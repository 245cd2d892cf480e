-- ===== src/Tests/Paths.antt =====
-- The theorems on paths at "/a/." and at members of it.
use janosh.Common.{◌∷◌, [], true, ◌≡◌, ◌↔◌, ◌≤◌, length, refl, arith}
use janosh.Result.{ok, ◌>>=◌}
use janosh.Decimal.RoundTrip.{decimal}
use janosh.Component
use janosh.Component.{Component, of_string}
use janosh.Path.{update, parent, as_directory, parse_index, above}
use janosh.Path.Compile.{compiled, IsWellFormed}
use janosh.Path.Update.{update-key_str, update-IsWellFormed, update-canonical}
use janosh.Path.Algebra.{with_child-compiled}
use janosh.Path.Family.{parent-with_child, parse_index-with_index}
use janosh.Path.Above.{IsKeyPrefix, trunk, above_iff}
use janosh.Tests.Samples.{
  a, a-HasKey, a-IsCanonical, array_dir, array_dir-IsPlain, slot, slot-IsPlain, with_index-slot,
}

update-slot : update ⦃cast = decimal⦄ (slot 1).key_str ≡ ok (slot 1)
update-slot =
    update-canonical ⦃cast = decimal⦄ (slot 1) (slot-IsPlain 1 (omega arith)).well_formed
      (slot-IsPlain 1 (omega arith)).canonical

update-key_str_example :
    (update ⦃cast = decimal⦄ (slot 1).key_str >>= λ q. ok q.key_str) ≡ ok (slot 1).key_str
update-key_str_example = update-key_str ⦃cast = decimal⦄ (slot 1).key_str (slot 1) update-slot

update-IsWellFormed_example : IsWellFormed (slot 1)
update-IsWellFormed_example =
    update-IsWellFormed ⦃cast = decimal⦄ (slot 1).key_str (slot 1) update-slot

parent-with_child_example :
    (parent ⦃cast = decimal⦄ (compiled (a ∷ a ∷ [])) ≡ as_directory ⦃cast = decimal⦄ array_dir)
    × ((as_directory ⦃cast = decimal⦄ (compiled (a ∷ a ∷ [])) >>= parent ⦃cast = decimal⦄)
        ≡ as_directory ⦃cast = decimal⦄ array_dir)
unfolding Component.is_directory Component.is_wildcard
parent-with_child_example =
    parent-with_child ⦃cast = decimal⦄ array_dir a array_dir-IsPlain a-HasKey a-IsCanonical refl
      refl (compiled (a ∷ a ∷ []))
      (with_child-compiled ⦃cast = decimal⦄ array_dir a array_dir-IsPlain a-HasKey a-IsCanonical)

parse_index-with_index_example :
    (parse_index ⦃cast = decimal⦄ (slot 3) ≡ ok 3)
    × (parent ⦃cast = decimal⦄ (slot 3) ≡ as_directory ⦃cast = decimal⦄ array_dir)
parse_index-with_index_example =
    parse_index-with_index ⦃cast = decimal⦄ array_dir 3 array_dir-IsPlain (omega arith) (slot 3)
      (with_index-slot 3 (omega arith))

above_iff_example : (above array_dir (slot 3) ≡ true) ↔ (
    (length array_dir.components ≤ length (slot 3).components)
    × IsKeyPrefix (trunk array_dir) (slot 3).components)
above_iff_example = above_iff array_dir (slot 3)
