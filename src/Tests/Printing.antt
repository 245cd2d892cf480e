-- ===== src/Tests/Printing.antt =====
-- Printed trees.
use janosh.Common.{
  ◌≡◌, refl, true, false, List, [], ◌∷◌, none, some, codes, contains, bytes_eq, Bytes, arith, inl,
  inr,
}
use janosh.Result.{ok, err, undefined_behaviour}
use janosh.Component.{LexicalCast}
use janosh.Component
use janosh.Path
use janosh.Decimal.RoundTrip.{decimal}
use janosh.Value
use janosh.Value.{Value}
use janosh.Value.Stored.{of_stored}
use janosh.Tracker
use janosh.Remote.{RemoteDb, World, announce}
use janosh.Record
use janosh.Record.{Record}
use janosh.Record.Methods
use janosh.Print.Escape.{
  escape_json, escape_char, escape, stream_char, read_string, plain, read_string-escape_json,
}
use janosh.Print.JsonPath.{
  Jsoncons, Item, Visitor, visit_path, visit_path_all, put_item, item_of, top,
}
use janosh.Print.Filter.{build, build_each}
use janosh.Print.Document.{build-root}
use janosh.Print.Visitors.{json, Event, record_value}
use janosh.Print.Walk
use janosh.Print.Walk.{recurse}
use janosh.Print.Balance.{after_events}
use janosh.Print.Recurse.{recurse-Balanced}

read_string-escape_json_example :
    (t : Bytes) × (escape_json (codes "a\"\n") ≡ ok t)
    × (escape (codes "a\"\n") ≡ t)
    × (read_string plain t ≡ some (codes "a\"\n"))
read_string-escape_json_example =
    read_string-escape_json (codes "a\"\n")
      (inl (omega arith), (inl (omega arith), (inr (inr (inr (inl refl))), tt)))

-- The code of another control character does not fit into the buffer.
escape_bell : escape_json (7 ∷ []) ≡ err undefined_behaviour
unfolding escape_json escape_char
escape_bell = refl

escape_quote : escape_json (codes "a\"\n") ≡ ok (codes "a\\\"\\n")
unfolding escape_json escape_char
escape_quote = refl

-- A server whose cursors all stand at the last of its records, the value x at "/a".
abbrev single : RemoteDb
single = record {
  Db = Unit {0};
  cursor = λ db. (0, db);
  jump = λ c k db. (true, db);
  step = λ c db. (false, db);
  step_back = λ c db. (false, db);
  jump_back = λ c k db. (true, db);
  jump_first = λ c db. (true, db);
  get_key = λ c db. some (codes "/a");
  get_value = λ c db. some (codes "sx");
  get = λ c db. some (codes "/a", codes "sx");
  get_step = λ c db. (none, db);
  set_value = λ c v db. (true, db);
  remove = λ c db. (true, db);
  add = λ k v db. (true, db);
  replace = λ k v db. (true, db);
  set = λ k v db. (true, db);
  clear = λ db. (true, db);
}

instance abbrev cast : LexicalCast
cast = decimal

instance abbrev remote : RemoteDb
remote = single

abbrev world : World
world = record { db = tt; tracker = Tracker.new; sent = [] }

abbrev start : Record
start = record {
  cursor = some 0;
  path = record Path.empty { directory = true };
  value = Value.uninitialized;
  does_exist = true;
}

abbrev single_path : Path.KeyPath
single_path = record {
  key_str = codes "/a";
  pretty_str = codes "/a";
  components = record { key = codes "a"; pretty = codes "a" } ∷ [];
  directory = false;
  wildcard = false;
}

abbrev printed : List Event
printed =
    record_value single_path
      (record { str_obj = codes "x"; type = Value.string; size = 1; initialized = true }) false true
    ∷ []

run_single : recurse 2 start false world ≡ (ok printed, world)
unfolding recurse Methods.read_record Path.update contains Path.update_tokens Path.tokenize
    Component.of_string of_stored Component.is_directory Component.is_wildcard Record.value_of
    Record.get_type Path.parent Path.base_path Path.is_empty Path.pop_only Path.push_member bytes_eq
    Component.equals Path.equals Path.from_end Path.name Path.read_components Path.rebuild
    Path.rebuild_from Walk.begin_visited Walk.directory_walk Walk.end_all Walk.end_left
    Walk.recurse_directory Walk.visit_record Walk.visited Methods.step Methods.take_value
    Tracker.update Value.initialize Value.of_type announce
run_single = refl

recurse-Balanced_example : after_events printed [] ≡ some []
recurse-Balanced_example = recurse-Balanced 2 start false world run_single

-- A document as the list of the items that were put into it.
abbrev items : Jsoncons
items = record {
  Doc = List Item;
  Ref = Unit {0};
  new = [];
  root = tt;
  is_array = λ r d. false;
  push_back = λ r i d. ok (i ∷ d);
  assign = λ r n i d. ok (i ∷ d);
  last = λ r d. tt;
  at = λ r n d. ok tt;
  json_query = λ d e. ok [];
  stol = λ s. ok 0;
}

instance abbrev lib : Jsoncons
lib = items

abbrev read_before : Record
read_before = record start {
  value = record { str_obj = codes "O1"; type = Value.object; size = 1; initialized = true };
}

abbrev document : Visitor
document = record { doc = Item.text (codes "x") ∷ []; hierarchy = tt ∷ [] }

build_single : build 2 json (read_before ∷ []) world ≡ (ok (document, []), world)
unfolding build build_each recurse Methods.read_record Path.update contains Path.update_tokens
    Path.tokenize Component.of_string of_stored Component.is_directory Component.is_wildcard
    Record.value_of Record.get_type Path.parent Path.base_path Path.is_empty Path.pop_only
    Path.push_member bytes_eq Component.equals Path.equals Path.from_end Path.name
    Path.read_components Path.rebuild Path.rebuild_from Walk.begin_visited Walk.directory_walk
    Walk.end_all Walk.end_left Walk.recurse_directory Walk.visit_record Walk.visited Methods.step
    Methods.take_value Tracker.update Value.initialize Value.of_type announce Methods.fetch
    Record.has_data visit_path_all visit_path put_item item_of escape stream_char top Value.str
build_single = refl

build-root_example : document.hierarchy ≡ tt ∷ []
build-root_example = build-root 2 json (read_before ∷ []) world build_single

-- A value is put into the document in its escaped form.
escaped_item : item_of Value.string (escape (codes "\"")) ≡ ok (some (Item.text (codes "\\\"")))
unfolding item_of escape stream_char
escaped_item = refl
====================
● EXERCISE PROMPT:
Extract from the records above the lines from the one containing "world = record" to the one containing "assign = λ r n i d. ok (i ∷ d);", both lines included, exactly as they appear and with nothing else.

● COMPLETED EXERCISE:
world = record { db = tt; tracker = Tracker.new; sent = [] }

abbrev start : Record
start = record {
  cursor = some 0;
  path = record Path.empty { directory = true };
  value = Value.uninitialized;
  does_exist = true;
}

abbrev single_path : Path.KeyPath
single_path = record {
  key_str = codes "/a";
  pretty_str = codes "/a";
  components = record { key = codes "a"; pretty = codes "a" } ∷ [];
  directory = false;
  wildcard = false;
}

abbrev printed : List Event
printed =
    record_value single_path
      (record { str_obj = codes "x"; type = Value.string; size = 1; initialized = true }) false true
    ∷ []

run_single : recurse 2 start false world ≡ (ok printed, world)
unfolding recurse Methods.read_record Path.update contains Path.update_tokens Path.tokenize
    Component.of_string of_stored Component.is_directory Component.is_wildcard Record.value_of
    Record.get_type Path.parent Path.base_path Path.is_empty Path.pop_only Path.push_member bytes_eq
    Component.equals Path.equals Path.from_end Path.name Path.read_components Path.rebuild
    Path.rebuild_from Walk.begin_visited Walk.directory_walk Walk.end_all Walk.end_left
    Walk.recurse_directory Walk.visit_record Walk.visited Methods.step Methods.take_value
    Tracker.update Value.initialize Value.of_type announce
run_single = refl

recurse-Balanced_example : after_events printed [] ≡ some []
recurse-Balanced_example = recurse-Balanced 2 start false world run_single

-- A document as the list of the items that were put into it.
abbrev items : Jsoncons
items = record {
  Doc = List Item;
  Ref = Unit {0};
  new = [];
  root = tt;
  is_array = λ r d. false;
  push_back = λ r i d. ok (i ∷ d);
  assign = λ r n i d. ok (i ∷ d);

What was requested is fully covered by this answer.